Task requirements: Show each line of the data below that has the string "seen" in it.

Stored data:
= Beginning of Section =

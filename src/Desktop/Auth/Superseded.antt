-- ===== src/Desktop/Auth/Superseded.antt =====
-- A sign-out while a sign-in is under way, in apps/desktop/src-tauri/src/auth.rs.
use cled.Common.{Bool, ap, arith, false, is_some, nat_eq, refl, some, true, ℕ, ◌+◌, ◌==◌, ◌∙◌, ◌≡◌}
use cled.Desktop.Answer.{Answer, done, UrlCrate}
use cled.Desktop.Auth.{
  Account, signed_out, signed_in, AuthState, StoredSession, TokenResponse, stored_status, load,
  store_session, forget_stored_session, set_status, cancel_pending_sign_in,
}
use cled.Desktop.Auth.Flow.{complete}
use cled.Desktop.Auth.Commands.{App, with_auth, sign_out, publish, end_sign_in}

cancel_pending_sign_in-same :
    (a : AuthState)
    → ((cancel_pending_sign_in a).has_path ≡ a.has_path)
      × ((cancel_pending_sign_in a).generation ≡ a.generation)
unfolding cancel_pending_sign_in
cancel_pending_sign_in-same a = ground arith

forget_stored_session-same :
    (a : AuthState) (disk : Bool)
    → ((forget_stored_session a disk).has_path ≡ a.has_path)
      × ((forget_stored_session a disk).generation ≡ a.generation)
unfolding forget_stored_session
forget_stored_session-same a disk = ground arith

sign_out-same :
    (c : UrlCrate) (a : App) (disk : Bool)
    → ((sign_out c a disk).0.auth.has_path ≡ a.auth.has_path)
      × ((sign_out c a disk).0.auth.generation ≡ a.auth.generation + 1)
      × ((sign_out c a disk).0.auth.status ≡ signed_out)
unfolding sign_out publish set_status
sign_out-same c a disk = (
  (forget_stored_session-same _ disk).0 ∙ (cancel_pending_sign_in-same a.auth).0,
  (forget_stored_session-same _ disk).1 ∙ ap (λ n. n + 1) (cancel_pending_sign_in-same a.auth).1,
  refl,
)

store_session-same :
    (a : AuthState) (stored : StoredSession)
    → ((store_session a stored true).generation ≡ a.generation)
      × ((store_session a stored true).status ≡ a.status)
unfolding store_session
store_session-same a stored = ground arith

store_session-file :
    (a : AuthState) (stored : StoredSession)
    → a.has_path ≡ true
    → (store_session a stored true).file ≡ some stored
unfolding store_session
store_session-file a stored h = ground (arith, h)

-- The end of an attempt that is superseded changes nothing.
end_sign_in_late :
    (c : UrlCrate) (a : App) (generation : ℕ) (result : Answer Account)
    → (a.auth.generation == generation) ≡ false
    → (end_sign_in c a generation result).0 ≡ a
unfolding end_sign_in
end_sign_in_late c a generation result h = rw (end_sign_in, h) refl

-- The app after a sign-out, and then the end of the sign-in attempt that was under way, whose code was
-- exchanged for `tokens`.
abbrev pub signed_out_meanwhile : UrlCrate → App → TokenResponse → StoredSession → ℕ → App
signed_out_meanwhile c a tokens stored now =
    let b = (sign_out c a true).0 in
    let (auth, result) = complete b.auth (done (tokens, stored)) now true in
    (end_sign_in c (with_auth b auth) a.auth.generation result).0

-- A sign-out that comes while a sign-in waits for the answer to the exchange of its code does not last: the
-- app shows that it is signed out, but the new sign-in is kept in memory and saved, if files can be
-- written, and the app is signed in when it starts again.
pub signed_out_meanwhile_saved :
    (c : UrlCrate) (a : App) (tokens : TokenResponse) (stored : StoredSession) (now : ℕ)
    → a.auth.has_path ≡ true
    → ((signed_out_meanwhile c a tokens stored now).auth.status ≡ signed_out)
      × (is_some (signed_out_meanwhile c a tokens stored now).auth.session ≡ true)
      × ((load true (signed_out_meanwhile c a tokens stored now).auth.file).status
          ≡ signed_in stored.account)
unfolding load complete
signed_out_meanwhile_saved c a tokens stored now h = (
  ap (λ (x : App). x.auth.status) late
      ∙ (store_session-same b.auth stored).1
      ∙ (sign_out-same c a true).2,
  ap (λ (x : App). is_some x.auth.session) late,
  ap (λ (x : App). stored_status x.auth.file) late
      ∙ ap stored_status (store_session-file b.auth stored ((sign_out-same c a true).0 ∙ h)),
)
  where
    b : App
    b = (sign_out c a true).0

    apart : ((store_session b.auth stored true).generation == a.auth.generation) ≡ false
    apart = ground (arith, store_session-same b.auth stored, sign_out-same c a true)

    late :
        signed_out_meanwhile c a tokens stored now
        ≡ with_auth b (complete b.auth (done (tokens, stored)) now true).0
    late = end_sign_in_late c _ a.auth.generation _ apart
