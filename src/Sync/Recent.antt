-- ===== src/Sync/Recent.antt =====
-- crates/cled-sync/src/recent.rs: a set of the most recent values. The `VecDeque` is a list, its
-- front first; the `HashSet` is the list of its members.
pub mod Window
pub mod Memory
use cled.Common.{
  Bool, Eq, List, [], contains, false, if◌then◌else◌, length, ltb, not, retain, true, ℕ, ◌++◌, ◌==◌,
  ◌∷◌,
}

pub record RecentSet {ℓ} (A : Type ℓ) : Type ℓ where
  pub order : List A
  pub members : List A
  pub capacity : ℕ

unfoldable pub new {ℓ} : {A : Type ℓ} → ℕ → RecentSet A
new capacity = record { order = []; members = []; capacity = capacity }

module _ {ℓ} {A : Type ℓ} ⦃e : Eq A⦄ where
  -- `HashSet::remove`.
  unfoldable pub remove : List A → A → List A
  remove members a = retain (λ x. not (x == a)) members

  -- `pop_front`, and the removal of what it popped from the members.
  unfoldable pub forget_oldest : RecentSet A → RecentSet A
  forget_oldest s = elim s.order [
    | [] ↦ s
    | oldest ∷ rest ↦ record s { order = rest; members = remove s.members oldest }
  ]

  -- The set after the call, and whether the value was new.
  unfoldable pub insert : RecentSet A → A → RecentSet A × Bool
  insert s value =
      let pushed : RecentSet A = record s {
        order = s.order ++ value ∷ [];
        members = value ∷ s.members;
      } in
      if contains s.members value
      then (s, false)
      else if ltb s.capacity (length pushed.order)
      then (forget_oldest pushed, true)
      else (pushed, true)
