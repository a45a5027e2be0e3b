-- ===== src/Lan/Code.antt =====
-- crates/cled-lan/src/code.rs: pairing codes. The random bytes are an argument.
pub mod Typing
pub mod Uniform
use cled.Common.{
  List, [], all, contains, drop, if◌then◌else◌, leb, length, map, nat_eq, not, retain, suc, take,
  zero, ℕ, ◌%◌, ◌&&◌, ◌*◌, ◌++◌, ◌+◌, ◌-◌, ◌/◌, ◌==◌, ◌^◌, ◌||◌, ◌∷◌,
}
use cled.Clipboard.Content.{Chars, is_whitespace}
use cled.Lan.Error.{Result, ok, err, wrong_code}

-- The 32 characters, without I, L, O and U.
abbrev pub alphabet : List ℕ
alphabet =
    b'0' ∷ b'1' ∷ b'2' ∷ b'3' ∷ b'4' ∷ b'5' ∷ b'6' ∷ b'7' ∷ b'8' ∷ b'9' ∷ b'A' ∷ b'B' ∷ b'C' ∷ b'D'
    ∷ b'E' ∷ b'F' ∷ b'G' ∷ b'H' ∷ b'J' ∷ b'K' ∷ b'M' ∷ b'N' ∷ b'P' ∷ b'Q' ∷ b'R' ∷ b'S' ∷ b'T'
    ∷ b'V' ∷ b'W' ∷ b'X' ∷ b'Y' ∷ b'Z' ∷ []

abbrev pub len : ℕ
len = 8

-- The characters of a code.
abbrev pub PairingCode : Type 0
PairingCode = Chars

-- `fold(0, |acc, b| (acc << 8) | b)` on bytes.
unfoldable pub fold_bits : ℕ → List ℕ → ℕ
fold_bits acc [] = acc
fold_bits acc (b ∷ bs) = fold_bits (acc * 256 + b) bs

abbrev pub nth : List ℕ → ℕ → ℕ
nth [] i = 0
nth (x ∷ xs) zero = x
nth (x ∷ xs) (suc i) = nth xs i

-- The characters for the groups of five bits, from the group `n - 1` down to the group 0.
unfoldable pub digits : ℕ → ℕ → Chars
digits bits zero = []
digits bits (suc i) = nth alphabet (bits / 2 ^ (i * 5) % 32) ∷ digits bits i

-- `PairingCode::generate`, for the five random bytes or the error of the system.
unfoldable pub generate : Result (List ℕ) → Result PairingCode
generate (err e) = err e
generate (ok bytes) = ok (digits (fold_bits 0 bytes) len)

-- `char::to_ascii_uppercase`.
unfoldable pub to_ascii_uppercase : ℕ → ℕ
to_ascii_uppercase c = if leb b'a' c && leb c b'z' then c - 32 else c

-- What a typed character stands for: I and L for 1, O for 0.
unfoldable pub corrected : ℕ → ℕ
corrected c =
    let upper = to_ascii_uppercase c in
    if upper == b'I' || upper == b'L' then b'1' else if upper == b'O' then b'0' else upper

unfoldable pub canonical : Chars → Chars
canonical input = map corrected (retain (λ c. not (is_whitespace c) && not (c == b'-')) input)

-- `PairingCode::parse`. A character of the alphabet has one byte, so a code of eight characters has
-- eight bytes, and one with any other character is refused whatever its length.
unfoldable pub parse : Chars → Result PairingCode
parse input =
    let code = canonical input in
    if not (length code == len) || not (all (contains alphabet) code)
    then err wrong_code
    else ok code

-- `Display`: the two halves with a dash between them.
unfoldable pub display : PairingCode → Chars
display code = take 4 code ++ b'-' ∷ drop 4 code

= End of Section =
= Beginning of Section =

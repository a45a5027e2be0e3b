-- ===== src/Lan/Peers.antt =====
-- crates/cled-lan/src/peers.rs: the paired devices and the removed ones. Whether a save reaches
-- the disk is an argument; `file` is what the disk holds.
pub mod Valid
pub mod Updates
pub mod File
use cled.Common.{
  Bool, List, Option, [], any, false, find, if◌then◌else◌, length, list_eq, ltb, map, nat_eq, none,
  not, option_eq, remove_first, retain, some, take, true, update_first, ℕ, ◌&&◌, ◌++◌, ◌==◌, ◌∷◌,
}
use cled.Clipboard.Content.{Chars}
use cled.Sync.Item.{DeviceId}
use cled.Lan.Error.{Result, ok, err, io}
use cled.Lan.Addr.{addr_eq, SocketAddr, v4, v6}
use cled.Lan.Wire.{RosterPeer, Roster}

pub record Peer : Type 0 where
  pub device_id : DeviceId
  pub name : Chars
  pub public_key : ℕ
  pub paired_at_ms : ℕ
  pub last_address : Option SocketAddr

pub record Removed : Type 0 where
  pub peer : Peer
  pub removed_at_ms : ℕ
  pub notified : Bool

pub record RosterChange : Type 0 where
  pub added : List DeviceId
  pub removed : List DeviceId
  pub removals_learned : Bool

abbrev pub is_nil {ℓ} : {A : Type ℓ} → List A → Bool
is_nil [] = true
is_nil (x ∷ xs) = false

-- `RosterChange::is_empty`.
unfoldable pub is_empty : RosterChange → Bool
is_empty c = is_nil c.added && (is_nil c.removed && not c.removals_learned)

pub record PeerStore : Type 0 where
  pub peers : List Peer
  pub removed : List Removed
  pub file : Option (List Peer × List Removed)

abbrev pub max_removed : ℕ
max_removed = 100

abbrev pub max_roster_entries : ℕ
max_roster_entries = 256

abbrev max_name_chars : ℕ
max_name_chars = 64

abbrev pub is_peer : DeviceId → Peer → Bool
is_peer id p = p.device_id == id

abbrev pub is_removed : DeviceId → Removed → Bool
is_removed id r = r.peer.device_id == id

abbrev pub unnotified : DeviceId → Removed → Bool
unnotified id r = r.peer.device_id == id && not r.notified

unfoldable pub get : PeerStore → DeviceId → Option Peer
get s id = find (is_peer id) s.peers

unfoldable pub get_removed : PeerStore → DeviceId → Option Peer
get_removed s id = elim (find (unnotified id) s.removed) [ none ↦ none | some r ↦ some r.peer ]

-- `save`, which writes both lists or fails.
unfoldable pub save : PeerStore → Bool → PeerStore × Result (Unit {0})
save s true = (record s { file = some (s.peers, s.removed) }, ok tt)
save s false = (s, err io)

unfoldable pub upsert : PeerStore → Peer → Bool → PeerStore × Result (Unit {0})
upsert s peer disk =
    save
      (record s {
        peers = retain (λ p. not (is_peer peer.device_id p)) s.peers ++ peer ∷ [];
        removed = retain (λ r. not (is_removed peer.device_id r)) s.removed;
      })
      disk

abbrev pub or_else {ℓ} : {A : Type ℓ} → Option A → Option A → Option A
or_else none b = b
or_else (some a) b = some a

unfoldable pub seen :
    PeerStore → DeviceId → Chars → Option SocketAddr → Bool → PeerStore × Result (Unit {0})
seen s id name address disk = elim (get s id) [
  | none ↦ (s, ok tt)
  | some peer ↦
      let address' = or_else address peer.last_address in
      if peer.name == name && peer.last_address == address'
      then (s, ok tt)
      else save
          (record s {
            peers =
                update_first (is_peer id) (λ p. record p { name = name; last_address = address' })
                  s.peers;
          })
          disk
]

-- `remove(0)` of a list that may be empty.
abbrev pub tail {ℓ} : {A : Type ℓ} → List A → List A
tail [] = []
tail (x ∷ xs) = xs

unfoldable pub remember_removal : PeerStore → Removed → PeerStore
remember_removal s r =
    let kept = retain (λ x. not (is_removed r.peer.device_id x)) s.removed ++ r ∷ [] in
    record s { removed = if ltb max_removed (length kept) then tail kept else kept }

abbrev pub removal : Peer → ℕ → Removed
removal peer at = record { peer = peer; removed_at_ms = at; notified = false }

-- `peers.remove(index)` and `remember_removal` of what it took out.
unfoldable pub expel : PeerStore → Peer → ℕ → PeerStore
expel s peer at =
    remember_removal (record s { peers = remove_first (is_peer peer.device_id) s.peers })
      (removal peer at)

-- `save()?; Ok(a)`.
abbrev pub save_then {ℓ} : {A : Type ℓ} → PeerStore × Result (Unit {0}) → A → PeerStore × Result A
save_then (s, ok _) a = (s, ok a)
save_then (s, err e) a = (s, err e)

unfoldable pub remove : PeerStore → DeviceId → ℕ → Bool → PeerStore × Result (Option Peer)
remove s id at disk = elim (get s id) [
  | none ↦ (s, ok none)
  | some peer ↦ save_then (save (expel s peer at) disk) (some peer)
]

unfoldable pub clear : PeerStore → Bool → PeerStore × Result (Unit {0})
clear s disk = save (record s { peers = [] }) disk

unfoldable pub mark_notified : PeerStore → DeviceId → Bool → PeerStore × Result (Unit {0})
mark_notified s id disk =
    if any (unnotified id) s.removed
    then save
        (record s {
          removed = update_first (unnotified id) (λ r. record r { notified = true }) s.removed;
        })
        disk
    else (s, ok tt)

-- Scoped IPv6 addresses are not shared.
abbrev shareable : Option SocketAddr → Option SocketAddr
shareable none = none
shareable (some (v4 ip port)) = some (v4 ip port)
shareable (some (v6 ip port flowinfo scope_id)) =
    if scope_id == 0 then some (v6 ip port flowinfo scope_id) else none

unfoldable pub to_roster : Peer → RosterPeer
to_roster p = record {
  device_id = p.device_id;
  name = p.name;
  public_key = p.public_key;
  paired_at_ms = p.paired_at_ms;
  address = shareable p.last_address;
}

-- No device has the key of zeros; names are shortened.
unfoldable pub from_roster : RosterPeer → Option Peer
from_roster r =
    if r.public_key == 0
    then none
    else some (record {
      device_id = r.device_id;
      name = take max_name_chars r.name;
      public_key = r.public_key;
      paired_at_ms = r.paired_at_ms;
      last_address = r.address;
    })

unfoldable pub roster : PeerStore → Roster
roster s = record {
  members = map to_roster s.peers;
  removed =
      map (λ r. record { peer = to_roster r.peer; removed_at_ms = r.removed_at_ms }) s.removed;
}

= End of Section =
= Beginning of Section =

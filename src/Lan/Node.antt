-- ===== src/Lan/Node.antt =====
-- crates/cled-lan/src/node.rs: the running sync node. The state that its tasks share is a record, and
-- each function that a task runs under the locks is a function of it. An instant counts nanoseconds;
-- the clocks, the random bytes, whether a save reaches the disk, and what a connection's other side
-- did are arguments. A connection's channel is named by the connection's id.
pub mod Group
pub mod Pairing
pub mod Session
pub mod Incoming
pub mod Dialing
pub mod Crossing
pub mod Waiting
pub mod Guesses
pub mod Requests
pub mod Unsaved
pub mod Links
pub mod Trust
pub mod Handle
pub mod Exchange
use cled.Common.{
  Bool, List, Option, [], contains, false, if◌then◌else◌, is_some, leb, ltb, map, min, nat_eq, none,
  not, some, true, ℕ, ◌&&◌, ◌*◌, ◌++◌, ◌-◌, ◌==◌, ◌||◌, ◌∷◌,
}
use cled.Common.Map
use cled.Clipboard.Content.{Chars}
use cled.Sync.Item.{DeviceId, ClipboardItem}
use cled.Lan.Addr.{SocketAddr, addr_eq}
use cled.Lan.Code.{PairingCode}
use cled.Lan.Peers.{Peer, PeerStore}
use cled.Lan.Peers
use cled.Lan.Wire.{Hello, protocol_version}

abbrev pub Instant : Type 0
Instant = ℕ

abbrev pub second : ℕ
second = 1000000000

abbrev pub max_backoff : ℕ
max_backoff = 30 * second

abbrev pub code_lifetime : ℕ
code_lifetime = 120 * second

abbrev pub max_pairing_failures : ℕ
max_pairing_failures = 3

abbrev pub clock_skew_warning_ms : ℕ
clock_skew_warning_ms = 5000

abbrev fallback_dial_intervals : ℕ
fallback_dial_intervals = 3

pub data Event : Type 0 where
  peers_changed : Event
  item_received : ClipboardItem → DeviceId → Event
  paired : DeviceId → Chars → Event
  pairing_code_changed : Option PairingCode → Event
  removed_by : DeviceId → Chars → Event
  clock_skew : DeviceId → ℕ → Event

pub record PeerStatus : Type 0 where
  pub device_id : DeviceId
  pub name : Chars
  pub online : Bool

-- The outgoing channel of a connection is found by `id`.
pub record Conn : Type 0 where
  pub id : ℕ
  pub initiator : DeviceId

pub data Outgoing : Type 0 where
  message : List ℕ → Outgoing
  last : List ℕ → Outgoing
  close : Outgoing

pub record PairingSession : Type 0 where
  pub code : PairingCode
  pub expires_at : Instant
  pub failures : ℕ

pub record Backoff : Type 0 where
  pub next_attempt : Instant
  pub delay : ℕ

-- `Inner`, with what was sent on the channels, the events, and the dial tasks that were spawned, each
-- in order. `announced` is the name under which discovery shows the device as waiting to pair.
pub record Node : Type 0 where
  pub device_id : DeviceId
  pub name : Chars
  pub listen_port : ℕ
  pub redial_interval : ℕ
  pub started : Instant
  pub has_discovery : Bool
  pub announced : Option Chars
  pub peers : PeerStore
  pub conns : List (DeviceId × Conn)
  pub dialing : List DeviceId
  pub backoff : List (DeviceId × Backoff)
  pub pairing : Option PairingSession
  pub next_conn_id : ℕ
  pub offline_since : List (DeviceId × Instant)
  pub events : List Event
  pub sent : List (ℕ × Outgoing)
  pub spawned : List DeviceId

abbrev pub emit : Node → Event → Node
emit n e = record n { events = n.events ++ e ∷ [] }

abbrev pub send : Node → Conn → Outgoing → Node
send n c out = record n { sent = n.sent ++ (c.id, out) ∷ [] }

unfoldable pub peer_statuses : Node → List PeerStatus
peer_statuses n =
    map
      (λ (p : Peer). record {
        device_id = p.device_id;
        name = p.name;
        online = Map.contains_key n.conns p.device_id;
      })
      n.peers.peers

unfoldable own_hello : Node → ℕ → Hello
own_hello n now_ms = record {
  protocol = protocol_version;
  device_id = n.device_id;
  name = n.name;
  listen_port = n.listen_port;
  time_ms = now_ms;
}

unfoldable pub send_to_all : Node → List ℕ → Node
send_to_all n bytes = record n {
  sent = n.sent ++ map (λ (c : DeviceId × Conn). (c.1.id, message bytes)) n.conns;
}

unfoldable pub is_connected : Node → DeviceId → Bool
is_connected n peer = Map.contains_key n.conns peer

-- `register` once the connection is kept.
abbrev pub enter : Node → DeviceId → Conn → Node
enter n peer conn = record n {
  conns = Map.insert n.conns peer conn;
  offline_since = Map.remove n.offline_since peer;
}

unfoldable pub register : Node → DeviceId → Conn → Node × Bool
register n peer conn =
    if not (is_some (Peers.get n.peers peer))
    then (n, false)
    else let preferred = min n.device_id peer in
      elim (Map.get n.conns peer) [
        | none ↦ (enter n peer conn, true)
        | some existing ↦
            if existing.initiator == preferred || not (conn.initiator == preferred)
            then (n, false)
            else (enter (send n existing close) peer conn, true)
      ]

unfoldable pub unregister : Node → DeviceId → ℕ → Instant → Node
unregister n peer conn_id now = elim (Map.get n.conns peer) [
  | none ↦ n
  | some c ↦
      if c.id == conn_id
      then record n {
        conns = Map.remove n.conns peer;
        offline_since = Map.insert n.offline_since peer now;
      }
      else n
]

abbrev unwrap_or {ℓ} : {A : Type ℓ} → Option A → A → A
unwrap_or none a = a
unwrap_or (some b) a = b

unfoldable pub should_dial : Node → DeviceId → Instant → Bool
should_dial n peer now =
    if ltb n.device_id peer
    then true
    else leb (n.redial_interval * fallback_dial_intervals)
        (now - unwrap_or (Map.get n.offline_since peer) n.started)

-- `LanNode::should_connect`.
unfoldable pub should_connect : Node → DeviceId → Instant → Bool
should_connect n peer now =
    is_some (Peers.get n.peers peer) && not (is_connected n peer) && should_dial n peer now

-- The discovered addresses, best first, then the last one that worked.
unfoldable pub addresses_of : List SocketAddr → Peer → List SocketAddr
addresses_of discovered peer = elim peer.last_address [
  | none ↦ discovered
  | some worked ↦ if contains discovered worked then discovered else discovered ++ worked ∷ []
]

= End of Section =

Your solution:
unfoldable pub seen :
seen s id name address disk = elim (get s id) [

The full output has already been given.